### Exercise requirements
Your task is to copy the stretch of lines in the records below that begins with the line containing "or_false false = refl" and ends with the line containing "abbrev Counted : List", exactly as written, with nothing added.
---- Records
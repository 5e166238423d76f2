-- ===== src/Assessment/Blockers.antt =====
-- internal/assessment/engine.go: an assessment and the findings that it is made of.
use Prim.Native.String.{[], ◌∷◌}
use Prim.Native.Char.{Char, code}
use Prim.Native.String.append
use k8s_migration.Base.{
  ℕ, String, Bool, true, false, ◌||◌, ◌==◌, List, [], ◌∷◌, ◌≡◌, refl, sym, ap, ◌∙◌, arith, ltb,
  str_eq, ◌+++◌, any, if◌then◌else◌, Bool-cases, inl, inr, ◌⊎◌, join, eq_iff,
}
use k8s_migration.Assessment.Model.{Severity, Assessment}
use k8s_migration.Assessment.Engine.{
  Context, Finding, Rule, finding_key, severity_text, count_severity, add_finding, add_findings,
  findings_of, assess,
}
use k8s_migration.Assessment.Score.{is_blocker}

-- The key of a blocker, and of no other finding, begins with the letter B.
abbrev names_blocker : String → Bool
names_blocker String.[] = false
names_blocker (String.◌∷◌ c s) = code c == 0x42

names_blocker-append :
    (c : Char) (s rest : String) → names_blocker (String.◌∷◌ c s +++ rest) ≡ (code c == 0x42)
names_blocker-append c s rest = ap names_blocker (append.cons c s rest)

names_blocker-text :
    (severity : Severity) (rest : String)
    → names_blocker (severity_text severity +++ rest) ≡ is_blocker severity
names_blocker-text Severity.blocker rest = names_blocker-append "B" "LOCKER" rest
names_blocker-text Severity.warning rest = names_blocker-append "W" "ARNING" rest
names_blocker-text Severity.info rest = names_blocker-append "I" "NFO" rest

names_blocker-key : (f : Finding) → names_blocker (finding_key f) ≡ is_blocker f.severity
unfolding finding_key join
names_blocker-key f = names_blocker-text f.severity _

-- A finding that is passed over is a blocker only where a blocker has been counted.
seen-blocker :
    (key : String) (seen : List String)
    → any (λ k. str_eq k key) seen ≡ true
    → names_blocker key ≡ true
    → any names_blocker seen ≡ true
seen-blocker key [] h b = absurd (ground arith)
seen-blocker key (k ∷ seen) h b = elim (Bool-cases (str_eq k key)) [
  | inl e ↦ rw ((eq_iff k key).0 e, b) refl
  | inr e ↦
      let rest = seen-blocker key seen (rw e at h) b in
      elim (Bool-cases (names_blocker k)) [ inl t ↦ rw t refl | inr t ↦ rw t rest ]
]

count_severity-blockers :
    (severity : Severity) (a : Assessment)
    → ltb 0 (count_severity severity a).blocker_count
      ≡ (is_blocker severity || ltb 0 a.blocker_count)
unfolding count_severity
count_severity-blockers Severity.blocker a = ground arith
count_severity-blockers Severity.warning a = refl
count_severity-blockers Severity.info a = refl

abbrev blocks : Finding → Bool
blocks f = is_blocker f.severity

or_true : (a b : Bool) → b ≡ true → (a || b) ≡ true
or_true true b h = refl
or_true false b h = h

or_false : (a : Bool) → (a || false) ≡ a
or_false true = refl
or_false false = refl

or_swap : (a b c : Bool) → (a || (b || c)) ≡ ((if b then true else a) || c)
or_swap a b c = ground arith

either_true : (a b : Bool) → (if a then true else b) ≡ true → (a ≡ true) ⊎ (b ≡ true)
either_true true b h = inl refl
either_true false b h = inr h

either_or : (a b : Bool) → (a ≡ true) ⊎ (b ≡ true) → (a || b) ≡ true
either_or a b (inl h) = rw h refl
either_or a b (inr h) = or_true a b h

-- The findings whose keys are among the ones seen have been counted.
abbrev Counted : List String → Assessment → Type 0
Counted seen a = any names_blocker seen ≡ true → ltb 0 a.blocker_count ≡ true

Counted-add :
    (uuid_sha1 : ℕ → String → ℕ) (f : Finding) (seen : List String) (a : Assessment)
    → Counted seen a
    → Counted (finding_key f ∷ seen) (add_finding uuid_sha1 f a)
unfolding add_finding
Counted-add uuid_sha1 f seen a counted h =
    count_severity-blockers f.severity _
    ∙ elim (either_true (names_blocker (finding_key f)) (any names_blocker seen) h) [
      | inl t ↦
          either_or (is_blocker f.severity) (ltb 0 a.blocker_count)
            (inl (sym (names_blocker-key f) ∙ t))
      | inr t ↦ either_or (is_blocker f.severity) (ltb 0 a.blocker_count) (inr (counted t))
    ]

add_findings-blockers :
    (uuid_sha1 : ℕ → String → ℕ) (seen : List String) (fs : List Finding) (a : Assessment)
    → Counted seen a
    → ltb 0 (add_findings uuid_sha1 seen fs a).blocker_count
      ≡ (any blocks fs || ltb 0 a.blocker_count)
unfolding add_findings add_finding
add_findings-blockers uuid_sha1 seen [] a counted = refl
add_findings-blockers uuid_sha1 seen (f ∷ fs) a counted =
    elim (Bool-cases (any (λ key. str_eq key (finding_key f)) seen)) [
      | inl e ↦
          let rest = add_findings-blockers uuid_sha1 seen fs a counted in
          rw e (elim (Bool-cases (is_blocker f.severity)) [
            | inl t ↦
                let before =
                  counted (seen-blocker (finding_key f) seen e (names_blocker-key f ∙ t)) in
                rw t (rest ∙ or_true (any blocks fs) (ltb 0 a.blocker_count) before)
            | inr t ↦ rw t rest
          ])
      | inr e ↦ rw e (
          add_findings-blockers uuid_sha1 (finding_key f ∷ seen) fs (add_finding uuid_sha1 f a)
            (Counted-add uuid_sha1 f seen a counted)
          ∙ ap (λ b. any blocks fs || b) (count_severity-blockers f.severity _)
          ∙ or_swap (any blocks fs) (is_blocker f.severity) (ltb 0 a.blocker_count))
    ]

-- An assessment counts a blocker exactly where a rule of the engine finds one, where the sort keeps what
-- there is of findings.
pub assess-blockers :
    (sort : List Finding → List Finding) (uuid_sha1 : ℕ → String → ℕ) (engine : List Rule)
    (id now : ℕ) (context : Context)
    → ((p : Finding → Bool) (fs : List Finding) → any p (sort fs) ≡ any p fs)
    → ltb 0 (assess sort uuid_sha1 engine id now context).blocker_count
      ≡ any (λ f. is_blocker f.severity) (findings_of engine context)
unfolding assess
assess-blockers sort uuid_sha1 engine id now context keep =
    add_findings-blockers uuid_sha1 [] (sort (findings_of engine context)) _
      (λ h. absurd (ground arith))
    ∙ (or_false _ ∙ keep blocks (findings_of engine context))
--------
---- Records
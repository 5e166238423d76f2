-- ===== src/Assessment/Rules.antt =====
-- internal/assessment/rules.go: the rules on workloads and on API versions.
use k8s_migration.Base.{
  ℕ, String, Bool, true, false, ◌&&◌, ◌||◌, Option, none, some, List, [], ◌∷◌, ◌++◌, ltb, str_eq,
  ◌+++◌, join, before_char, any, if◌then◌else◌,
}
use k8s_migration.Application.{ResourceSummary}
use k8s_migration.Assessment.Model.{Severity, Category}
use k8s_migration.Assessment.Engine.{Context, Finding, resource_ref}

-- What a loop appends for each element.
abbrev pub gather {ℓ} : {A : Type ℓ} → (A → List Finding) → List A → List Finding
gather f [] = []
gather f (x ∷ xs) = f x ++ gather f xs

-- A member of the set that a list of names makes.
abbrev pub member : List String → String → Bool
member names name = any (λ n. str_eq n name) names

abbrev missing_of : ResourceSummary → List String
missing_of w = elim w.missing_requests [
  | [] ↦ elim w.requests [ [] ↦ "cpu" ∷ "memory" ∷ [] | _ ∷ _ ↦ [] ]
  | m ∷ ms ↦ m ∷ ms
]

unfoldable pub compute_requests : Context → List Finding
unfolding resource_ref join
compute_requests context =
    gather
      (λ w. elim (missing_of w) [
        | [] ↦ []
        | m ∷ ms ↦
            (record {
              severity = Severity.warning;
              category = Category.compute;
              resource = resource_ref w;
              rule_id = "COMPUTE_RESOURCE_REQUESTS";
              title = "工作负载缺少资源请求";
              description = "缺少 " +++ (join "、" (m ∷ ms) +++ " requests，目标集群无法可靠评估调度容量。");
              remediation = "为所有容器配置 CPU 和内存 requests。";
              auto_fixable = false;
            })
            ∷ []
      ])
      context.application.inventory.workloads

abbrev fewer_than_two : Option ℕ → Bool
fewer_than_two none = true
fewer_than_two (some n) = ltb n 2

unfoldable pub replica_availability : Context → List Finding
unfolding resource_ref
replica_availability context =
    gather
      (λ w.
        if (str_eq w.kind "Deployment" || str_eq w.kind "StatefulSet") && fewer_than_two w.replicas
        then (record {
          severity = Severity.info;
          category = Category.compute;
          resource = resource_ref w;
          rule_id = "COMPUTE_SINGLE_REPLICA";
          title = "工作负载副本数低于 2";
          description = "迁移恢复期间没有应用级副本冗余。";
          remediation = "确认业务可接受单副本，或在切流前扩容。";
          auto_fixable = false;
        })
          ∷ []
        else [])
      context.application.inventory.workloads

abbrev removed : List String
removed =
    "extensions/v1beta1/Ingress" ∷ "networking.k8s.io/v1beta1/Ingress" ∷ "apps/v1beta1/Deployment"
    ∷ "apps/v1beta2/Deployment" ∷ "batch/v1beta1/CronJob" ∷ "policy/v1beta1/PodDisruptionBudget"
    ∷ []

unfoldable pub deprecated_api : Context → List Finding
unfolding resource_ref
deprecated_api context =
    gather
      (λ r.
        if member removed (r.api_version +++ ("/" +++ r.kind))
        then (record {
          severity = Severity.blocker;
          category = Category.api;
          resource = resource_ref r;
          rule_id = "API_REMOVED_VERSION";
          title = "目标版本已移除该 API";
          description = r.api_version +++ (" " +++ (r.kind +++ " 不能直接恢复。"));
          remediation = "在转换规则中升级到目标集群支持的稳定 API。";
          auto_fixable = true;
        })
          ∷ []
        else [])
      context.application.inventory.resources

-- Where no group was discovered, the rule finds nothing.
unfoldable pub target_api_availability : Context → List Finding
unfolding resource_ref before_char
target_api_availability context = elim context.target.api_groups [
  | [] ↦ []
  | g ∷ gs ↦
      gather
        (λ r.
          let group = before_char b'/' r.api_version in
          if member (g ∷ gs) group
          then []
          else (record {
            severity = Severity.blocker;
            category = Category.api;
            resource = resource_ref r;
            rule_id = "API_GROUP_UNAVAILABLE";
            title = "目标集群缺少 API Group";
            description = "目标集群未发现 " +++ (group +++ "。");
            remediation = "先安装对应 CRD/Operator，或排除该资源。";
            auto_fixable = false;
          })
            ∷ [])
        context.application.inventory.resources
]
--------
### Output for this exercise
or_false false = refl

or_swap : (a b c : Bool) → (a || (b || c)) ≡ ((if b then true else a) || c)
or_swap a b c = ground arith

either_true : (a b : Bool) → (if a then true else b) ≡ true → (a ≡ true) ⊎ (b ≡ true)
either_true true b h = inl refl
either_true false b h = inr h

either_or : (a b : Bool) → (a ≡ true) ⊎ (b ≡ true) → (a || b) ≡ true
either_or a b (inl h) = rw h refl
either_or a b (inr h) = or_true a b h

-- The findings whose keys are among the ones seen have been counted.
abbrev Counted : List String → Assessment → Type 0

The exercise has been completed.